→ HOW TO COMPLETE THIS TASK: When you reach the line with "filename src/Collectors/Gateways.antt" in the data below, begin printing lines exactly, and stop once the line with "-- The five" has been printed.

*** Opening of SUPPLIED MATERIAL ***

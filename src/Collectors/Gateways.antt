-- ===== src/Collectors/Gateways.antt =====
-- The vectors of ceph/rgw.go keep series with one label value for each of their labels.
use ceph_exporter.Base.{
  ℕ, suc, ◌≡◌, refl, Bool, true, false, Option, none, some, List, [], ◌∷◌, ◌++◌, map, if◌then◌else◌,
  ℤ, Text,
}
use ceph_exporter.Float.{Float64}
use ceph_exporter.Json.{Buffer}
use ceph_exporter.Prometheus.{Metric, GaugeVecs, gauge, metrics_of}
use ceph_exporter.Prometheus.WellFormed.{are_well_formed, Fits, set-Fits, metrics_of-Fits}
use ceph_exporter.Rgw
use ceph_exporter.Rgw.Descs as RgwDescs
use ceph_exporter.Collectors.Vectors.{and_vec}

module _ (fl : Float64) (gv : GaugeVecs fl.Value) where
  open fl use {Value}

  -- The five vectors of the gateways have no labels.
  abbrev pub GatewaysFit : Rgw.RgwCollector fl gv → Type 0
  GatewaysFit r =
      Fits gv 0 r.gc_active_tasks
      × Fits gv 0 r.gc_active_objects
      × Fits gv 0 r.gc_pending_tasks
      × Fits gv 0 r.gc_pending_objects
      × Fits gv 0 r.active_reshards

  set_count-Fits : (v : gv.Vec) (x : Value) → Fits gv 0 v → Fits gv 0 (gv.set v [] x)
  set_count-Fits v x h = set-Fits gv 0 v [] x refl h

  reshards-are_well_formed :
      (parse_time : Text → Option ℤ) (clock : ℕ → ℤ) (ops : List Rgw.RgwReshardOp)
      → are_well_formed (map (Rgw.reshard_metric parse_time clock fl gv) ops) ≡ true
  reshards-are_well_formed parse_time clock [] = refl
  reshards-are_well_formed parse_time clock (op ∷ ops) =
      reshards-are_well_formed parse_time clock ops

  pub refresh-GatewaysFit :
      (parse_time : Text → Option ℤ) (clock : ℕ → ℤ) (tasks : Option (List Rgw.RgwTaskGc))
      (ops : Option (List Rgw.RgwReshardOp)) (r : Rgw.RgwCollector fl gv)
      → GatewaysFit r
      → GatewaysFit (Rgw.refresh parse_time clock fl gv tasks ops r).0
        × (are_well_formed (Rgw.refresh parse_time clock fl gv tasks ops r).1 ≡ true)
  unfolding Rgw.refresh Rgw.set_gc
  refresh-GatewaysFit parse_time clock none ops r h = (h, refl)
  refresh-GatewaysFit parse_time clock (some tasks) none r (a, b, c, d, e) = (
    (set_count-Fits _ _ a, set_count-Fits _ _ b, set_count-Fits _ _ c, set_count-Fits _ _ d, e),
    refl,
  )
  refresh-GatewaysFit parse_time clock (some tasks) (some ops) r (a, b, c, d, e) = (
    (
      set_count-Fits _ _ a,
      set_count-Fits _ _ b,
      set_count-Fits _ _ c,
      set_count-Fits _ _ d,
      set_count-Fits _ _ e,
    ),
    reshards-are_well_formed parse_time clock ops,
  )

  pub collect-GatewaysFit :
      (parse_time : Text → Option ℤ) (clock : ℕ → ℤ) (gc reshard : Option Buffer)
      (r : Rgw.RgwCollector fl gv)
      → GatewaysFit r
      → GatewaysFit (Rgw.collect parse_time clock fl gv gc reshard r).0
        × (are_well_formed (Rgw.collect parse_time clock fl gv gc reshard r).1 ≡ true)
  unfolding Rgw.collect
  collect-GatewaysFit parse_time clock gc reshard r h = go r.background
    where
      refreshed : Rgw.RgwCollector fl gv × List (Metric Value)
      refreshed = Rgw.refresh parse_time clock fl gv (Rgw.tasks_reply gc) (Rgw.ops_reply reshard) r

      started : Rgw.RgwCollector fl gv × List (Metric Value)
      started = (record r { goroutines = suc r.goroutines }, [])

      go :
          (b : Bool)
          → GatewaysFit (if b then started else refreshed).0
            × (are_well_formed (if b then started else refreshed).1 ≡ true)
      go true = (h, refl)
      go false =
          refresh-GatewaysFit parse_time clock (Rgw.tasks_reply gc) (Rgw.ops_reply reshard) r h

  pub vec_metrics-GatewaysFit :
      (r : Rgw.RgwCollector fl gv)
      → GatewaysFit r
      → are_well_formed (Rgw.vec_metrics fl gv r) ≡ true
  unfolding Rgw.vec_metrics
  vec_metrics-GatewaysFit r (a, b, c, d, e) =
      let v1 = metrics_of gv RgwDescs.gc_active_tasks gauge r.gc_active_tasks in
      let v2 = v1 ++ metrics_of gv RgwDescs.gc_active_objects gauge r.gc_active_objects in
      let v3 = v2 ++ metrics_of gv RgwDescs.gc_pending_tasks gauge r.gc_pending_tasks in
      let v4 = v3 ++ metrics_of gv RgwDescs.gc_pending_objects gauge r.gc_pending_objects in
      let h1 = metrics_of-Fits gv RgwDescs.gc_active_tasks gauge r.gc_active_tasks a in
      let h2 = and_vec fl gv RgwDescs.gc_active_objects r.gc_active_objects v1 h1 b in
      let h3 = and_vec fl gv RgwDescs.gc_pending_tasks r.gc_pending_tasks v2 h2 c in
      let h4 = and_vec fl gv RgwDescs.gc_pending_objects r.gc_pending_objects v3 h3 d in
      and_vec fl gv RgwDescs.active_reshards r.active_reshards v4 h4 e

*** Close of SUPPLIED MATERIAL ***
*** Opening of SUPPLIED MATERIAL ***

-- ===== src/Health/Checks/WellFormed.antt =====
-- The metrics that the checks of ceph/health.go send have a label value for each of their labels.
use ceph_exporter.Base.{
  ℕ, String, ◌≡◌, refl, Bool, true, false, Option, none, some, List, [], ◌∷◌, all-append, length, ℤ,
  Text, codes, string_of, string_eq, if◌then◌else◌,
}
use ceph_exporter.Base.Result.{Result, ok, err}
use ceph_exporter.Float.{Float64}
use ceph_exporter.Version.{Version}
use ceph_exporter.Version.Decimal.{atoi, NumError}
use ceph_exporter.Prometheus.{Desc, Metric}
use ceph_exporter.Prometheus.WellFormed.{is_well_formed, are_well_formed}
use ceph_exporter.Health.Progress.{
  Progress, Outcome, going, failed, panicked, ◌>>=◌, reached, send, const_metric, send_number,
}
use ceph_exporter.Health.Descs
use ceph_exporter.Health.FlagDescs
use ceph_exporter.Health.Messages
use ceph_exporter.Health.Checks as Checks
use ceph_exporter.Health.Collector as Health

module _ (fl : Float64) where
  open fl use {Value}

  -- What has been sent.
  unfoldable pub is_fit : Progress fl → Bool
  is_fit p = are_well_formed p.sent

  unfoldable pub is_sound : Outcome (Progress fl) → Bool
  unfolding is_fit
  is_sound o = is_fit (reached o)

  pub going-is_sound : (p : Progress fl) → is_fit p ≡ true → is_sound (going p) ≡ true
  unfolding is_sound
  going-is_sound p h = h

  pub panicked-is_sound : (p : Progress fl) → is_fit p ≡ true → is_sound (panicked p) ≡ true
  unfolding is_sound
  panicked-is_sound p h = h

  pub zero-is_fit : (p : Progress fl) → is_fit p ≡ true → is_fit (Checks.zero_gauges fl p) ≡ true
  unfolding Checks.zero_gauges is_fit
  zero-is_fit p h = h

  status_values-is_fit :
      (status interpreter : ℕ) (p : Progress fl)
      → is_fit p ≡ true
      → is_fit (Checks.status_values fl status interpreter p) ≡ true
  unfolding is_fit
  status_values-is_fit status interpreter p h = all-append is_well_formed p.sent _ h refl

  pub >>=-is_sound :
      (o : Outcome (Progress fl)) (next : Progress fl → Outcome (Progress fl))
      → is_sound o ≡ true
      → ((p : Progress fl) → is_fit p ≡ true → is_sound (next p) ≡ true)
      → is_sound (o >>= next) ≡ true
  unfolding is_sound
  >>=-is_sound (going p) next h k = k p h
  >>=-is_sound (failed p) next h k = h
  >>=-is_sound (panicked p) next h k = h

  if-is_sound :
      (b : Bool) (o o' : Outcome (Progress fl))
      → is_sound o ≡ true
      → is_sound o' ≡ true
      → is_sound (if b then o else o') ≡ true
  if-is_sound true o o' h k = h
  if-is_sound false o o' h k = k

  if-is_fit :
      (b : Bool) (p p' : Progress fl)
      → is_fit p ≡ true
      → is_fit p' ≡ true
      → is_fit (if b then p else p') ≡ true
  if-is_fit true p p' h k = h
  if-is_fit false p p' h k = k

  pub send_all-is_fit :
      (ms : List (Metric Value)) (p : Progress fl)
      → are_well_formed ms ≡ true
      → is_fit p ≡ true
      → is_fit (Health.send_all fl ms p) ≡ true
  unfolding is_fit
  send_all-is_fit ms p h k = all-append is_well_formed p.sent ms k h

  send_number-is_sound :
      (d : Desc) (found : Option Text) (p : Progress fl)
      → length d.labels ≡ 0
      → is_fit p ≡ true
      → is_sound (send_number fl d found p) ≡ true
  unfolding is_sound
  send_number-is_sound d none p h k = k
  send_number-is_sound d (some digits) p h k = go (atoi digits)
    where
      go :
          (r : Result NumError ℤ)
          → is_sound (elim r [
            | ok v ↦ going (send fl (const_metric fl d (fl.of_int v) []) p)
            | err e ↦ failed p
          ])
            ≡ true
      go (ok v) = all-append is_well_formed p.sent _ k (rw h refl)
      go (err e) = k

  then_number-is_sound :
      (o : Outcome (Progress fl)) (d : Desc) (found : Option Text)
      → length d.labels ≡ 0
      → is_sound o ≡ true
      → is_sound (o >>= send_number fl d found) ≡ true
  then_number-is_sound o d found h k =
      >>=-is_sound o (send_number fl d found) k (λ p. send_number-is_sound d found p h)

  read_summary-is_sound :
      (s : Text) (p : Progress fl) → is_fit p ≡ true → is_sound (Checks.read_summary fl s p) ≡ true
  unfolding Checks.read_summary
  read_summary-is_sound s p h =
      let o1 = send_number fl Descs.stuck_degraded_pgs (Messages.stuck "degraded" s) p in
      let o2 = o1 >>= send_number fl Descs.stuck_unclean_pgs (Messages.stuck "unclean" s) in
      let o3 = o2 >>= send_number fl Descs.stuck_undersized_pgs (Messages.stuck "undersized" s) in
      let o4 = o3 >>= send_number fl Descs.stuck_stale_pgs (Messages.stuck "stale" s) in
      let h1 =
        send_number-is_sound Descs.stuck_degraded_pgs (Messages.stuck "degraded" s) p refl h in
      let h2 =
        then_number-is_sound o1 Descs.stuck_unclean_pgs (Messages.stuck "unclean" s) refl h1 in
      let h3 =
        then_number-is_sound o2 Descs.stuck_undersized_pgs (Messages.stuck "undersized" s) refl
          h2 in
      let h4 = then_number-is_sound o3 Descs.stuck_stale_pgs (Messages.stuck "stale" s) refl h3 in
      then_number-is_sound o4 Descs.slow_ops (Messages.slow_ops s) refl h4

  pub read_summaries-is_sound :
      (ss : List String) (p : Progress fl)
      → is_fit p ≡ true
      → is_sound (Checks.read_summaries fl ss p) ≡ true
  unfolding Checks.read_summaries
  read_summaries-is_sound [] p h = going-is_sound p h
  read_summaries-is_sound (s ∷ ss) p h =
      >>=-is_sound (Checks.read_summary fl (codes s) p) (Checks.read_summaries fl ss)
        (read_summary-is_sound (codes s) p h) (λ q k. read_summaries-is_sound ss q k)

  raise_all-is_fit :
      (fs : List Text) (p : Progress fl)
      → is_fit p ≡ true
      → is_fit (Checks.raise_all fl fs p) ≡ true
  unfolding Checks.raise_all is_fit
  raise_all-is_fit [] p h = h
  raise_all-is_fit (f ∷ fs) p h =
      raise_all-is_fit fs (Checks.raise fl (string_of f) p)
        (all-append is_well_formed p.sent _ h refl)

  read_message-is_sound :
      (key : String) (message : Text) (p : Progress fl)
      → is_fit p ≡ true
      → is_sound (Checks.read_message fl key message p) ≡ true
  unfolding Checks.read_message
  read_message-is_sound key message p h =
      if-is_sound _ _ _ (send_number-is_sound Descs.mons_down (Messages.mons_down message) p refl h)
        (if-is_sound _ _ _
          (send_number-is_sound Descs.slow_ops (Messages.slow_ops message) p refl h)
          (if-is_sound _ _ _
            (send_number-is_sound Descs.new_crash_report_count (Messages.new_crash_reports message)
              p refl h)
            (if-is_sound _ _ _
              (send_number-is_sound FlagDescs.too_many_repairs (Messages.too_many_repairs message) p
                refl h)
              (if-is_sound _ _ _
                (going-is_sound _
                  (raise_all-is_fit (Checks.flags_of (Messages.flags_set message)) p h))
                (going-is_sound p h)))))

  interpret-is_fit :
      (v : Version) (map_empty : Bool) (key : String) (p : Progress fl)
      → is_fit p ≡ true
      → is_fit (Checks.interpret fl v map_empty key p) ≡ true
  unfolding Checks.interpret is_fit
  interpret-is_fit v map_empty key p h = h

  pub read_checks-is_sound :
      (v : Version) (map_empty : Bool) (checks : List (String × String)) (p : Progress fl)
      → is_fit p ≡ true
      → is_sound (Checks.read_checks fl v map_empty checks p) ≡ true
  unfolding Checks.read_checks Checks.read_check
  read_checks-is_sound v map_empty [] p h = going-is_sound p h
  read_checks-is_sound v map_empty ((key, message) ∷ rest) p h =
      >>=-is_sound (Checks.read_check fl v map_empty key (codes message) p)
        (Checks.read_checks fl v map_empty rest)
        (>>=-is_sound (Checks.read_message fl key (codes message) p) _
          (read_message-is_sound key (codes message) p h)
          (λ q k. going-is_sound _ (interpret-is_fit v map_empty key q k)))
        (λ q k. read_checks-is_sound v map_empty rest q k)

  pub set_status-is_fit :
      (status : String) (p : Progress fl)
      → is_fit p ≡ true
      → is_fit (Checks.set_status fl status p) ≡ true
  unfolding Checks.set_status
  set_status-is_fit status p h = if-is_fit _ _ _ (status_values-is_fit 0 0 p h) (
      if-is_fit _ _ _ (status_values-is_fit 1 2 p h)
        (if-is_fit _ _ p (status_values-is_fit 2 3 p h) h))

*** Close of SUPPLIED MATERIAL ***

→ EXERCISE RESULT:
filename src/Collectors/Gateways.antt
-- ===== src/Collectors/Gateways.antt =====
-- The vectors of ceph/rgw.go keep series with one label value for each of their labels.
use ceph_exporter.Base.{
  ℕ, suc, ◌≡◌, refl, Bool, true, false, Option, none, some, List, [], ◌∷◌, ◌++◌, map, if◌then◌else◌,
  ℤ, Text,
}
use ceph_exporter.Float.{Float64}
use ceph_exporter.Json.{Buffer}
use ceph_exporter.Prometheus.{Metric, GaugeVecs, gauge, metrics_of}
use ceph_exporter.Prometheus.WellFormed.{are_well_formed, Fits, set-Fits, metrics_of-Fits}
use ceph_exporter.Rgw
use ceph_exporter.Rgw.Descs as RgwDescs
use ceph_exporter.Collectors.Vectors.{and_vec}

module _ (fl : Float64) (gv : GaugeVecs fl.Value) where
  open fl use {Value}

  -- The five vectors of the gateways have no labels.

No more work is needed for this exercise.